___ Data in this exercise ___

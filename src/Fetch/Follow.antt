-- ===== src/Fetch/Follow.antt =====
-- `fetch_feed_document` of `feeds/feed_fetch.py`, its policy and its loop of redirects.
use daily_firehose.Common.{
  ℕ, zero, suc, ◌+◌, String, Bool, true, false, not, ◌&&◌, ◌||◌, Option, none, some, List, [], ◌∷◌,
  map, ltb, leb, ◌==◌, truthy, if◌then◌else◌, Result, ok, err,
}
use daily_firehose.Fetch.Wire.{
  FetchError, error_of, Response, Sent, timed_out, ssl_error, request_error, answered, Net, Env,
  Call, raise, answer, call_lib, ◌>>=◌, ◌>>◌,
}
use daily_firehose.Fetch.Target.{check_deadline, prepare_request, validate_target, lift}
use daily_firehose.Fetch.Body.{or_empty, read_bounded}
pub mod Fits
pub mod Sends

-- A number of the settings: a positive finite one, in microseconds, or anything else.
pub data Seconds : Type 0 where
  positive : ℕ → Seconds
  unusable : Seconds

-- An integer of the settings: a natural number, or anything else.
pub data Whole : Type 0 where
  whole : ℕ → Whole
  not_whole : Whole

pub record FeedFetchPolicy : Type 0 where
  pub connect_timeout : Seconds
  pub read_timeout : Seconds
  pub total_timeout : Seconds
  pub max_bytes : Whole
  pub max_redirects : Whole

-- The policy's numbers, when they are valid.
pub record Limits : Type 0 where
  pub total_timeout : ℕ
  pub max_bytes : ℕ
  pub max_redirects : ℕ

abbrev pub invalid_policy : FetchError
invalid_policy = error_of "invalid_policy" "Feed fetch policy is invalid."

abbrev pub is_positive : Seconds → Bool
is_positive (positive t) = true
is_positive unusable = false

abbrev pub time_of : Seconds → ℕ
time_of (positive t) = t
time_of unusable = 0

abbrev pub number_of : Whole → ℕ
number_of (whole n) = n
number_of not_whole = 0

abbrev pub is_whole : Whole → Bool
is_whole (whole n) = true
is_whole not_whole = false

abbrev pub is_valid : FeedFetchPolicy → Bool
is_valid p =
    is_positive p.connect_timeout
    && is_positive p.read_timeout
    && is_positive p.total_timeout
    && ltb 0 (number_of p.max_bytes)
    && is_whole p.max_redirects

abbrev pub limits_of : FeedFetchPolicy → Limits
limits_of p = record {
  total_timeout = time_of p.total_timeout;
  max_bytes = number_of p.max_bytes;
  max_redirects = number_of p.max_redirects;
}

unfoldable pub validate_policy : FeedFetchPolicy → Result FetchError Limits
validate_policy p = if is_valid p then ok (limits_of p) else err invalid_policy

pub record FetchedFeedDocument : Type 0 where
  pub content : List ℕ
  pub final_url : String
  pub response_headers : List (String × String)

-- `__post_init__`: header names in lower case
abbrev pub normalized : (String → String) → List (String × String) → List (String × String)
normalized lower headers = map (λ h. (lower h.0, h.1)) headers

abbrev pub content_type_header : Option String → List (String × String)
content_type_header none = []
content_type_header (some value) = if truthy value then ("content-type", value) ∷ [] else []

-- a fetch starts with no request sent
abbrev pub begun : {W : Type 0} → W → Net W
begun w = record { world = w; sent = [] }

-- `_REDIRECT_STATUSES`
abbrev pub is_redirect : ℕ → Bool
is_redirect code = (code == 301) || (code == 302) || (code == 303) || (code == 307) || (code == 308)

module _ {W : Type 0} (env : Env W) where
  abbrev pub received : Sent → Result FetchError Response
  received timed_out = err (error_of "timeout" "Feed request timed out.")
  received ssl_error = err (error_of "tls_failure" "Feed TLS connection failed.")
  received request_error = err (error_of "network_failure" "Feed could not be downloaded.")
  received (answered r) = ok r

  -- the URL joins those that requests were sent to
  unfoldable pub send : String → Call W Response
  send url s =
      let (sent, w) = env.send url s.world in
      (received sent, record { world = w; sent = url ∷ s.sent })

  abbrev pub joined : Option String → Result FetchError String
  joined none = err (error_of "invalid_redirect" "Feed redirect destination is invalid.")
  joined (some url) = prepare_request env "invalid_redirect" url

  unfoldable pub redirect_target : String → Response → Result FetchError String
  redirect_target url r =
      if truthy (or_empty (r.header "Location"))
      then joined (env.join_url url (or_empty (r.header "Location")))
      else err (error_of "invalid_redirect" "Feed redirect had no destination.")

  unfoldable pub document : String → Response → List ℕ → FetchedFeedDocument
  document url r content = record {
    content = content;
    final_url = url;
    response_headers =
        normalized env.lower
          (("content-location", url) ∷ content_type_header (r.header "Content-Type"));
  }

  unfoldable pub accept : Limits → ℕ → String → Response → Call W FetchedFeedDocument
  accept limits deadline url r =
      if leb 200 r.status_code && ltb r.status_code 300
      then (read_bounded env limits.max_bytes deadline r >>= λ content.
          answer (document url r content))
      else raise "http_failure" "Feed server returned an unsuccessful response."

  -- what happens to a redirect: the next round, or none where no redirect is left
  abbrev pub redirected :
      Option (String → Call W FetchedFeedDocument) → String → Response → Call W FetchedFeedDocument
  redirected none url r = raise "redirect_limit" "Feed redirected too many times."
  redirected (some next) url r = lift env (redirect_target url r) >>= next

  abbrev pub respond :
      Limits
      → ℕ
      → Option (String → Call W FetchedFeedDocument)
      → String
      → Response
      → Call W FetchedFeedDocument
  respond limits deadline next url r =
      if is_redirect r.status_code then redirected next url r else accept limits deadline url r

  abbrev pub check_target : ℕ → String → Call W (Unit {0})
  check_target deadline url = check_deadline env deadline >>= λ _.
      validate_target env url >>= λ _. check_deadline env deadline

  -- one round of the loop
  unfoldable pub round :
      Limits
      → ℕ
      → Option (String → Call W FetchedFeedDocument)
      → String
      → Call W FetchedFeedDocument
  round limits deadline next url =
      check_target deadline url >>= λ _. send url >>= respond limits deadline next url

  -- the loop, by the redirects that are left: `max_redirects` less those followed
  unfoldable pub follow : Limits → ℕ → ℕ → String → Call W FetchedFeedDocument
  follow limits deadline zero = round limits deadline none
  follow limits deadline (suc left) = round limits deadline (some (follow limits deadline left))

  -- what follows the reading of the clock
  unfoldable pub started_at : Limits → String → ℕ → Call W FetchedFeedDocument
  started_at limits url started = lift env (prepare_request env "invalid_url" url) >>= λ prepared.
      follow limits (started + limits.total_timeout) limits.max_redirects prepared

  unfoldable pub fetch_feed_document : FeedFetchPolicy → String → Call W FetchedFeedDocument
  fetch_feed_document policy url = lift env (validate_policy policy) >>= λ limits.
      call_lib env.monotonic >>= started_at limits url
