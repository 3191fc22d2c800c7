-- ===== src/Matrix/Copies.antt =====
-- `ambix_matrix_copy` and `_ambix_matrix_transpose`: no fault, and every cell.
use libambix.Base.{ℕ, ◌≡◌, refl, ◌∙◌, arith, Option, none, some, done}
use libambix.Matrix.{Float, Matrix, read, init, sized, copy, transpose}
use libambix.Matrix.Writes.{IsFilled, read-done}
use libambix.Matrix.Cells.{for_cells-IsFilled, for_cells-transposed}

module _ {F : Type 0} ⦃fl : Float F⦄ where
  pub sized_size :
      (rows cols : ℕ) (dest : Option (Matrix F))
      → ((sized rows cols dest).rows ≡ rows) × ((sized rows cols dest).cols ≡ cols)
  unfolding sized init
  sized_size rows cols none = (refl, refl)
  sized_size rows cols (some m) = ground arith

  -- A copy of a matrix succeeds whatever the destination is, and has the size and the cells of the
  -- source.
  pub copy-IsFilled :
      (src : Matrix F) (dest : Option (Matrix F))
      → (m : Matrix F) × (copy (some src) dest ≡ done m) × IsFilled src.rows src.cols src.cell m
  unfolding copy
  copy-IsFilled src dest =
      for_cells-IsFilled src.rows src.cols src.cell (read src) (sized src.rows src.cols dest)
        (read-done src) (sized_size src.rows src.cols dest).0 (sized_size src.rows src.cols dest).1

  -- A transposition into a new matrix, or into one of the transposed size, succeeds and swaps rows
  -- and columns.
  pub transpose-IsFilled :
      (m : Matrix F)
      → (t : Matrix F) × (transpose m none ≡ done t) × IsFilled m.cols m.rows (λ r c. m.cell c r) t
  unfolding transpose init
  transpose-IsFilled m =
      for_cells-transposed m.cols m.rows (λ r c. m.cell c r) (read m) (init m.cols m.rows)
        (read-done m) refl refl

  -- Transposing into a new matrix, and the result into another, succeeds and gives the size and the
  -- cells back.
  pub transpose-transpose :
      (m : Matrix F)
      → (t : Matrix F) × (transpose m none ≡ done t)
        × (u : Matrix F) × (transpose t none ≡ done u)
        × IsFilled m.rows m.cols m.cell u
  transpose-transpose m =
      let (t, e, filled) = transpose-IsFilled m in
      let (u, f, back) = transpose-IsFilled t in
      (
        t,
        e,
        u,
        f,
        record {
          has_rows = back.has_rows ∙ filled.has_cols;
          has_cols = back.has_cols ∙ filled.has_rows;
          cells = λ r c h k.
              back.cells r c (omega (arith, filled.has_cols)) (omega (arith, filled.has_rows))
              ∙ filled.cells c r k h;
        },
      )
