-- ===== src/Matrix/Products.antt =====
-- `_ambix_matrix_multiply`: the result, cell by cell.
use libambix.Base.{
  ℕ, zero, suc, ◌+◌, ◌<◌, ◌≡◌, ◌≢◌, ◌↔◌, refl, ap, ◌∙◌, arith, Option, some, Outcome, done, null,
  ◌>>=◌, for_inv, ◌==◌, true,
}
use libambix.Matrix.{Accumulator, Float, Matrix, read, sized, sum_loop, multiply}
use libambix.Matrix.Writes.{IsFilled, read-done}
use libambix.Matrix.Cells.{for_cells-IsFilled}
use libambix.Matrix.Copies.{sized_size}

module _ {F T S : Type 0} (acc : Accumulator F T S) where
  -- The sum of the first `n` products, in the order of the loop.
  abbrev pub partial_sum : ℕ → (ℕ → F) → (ℕ → T) → S
  partial_sum zero l r = acc.start
  partial_sum (suc n) l r = acc.step (partial_sum n l r) (l n) (r n)

  abbrev pub dot : ℕ → (ℕ → F) → (ℕ → T) → T
  dot n l r = acc.finish (partial_sum n l r)

  partial_sum_congr :
      (n : ℕ) (l l' : ℕ → F) (r r' : ℕ → T)
      → ((i : ℕ) → i < n → l i ≡ l' i)
      → ((i : ℕ) → i < n → r i ≡ r' i)
      → partial_sum n l r ≡ partial_sum n l' r'
  partial_sum_congr zero l l' r r' hl hr = refl
  partial_sum_congr (suc n) l l' r r' hl hr = cc (
    partial_sum_congr n l l' r r' (λ i h. hl i (omega arith)) (λ i h. hr i (omega arith)),
    hl n (omega arith),
    hr n (omega arith),
  )

  -- A sum of products depends on the factors that it reads alone.
  pub dot_congr :
      (n : ℕ) (l l' : ℕ → F) (r r' : ℕ → T)
      → ((i : ℕ) → i < n → l i ≡ l' i)
      → ((i : ℕ) → i < n → r i ≡ r' i)
      → dot n l r ≡ dot n l' r'
  dot_congr n l l' r r' hl hr = ap acc.finish (partial_sum_congr n l l' r r' hl hr)

  pub sum_loop-dot :
      (n : ℕ) (left : ℕ → Outcome F) (right : ℕ → Outcome T) (l : ℕ → F) (r : ℕ → T)
      → ((i : ℕ) → i < n → left i ≡ done (l i))
      → ((i : ℕ) → i < n → right i ≡ done (r i))
      → sum_loop acc n left right ≡ done (dot n l r)
  unfolding sum_loop
  sum_loop-dot n left right l r hl hr =
      let (s, e, q) =
        for_inv (λ k t. t ≡ partial_sum k l r)
          (λ i s. left i >>= λ x. right i >>= λ y. done (acc.step s x y)) n 0
          (λ k t lo hi p. (
            acc.step t (l k) (r k),
            rw (hl k (omega arith), hr k (omega arith)),
            ap (λ s. acc.step s (l k) (r k)) p
                ∙ ap (λ j. partial_sum j l r) {x = suc k} (omega arith),
          ))
          acc.start refl in
      rw (e, q) (ap (λ j. done (dot j l r)) {x = 0 + n} (omega arith))

module _ {F S : Type 0} ⦃fl : Float F⦄ (acc : Accumulator F F S) where
  -- If the inner sizes agree then the product succeeds whatever the destination is, has the rows
  -- of the left and the columns of the right factor, and each cell is the sum of products of its
  -- row and its column, in the order of the loop.
  pub multiply-IsFilled :
      (left right : Matrix F) (dest : Option (Matrix F))
      → left.cols ≡ right.rows
      → (m : Matrix F) × (multiply acc (some left) (some right) dest ≡ done m)
        × IsFilled left.rows right.cols
            (λ r c. dot acc left.cols (left.cell r) (λ i. right.cell i c))
            m
  unfolding multiply
  multiply-IsFilled left right dest same = rw (same_test) (
      for_cells-IsFilled left.rows right.cols
        (λ r c. dot acc left.cols (left.cell r) (λ i. right.cell i c))
        (λ r c. sum_loop acc left.cols (read left r) (λ i. read right i c))
        (sized left.rows right.cols dest)
        (λ r c h k.
          sum_loop-dot acc left.cols (read left r) (λ i. read right i c) (left.cell r)
            (λ i. right.cell i c) (λ i p. read-done left r i h p)
            (λ i p. read-done right i c (omega (arith, same)) k))
        (sized_size left.rows right.cols dest).0 (sized_size left.rows right.cols dest).1)
    where
      same_test : (left.cols == right.rows) ≡ true
      same_test = ground arith

  -- The product of two matrices is refused with NULL exactly if the inner sizes differ.
  pub multiply-null_iff :
      (left right : Matrix F) (dest : Option (Matrix F))
      → (multiply acc (some left) (some right) dest ≡ null) ↔ (left.cols ≢ right.rows)
  multiply-null_iff left right dest = (to, from)
    where
      to : multiply acc (some left) (some right) dest ≡ null → left.cols ≢ right.rows
      to e same = let (m, f, _) = multiply-IsFilled left right dest same in cc

      from : left.cols ≢ right.rows → multiply acc (some left) (some right) dest ≡ null
      from ne = unfold multiply in ground arith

___

*What needs to be done*. When a line in the entries above contains "next", count it; please answer with the number only.

*Final answer*. 6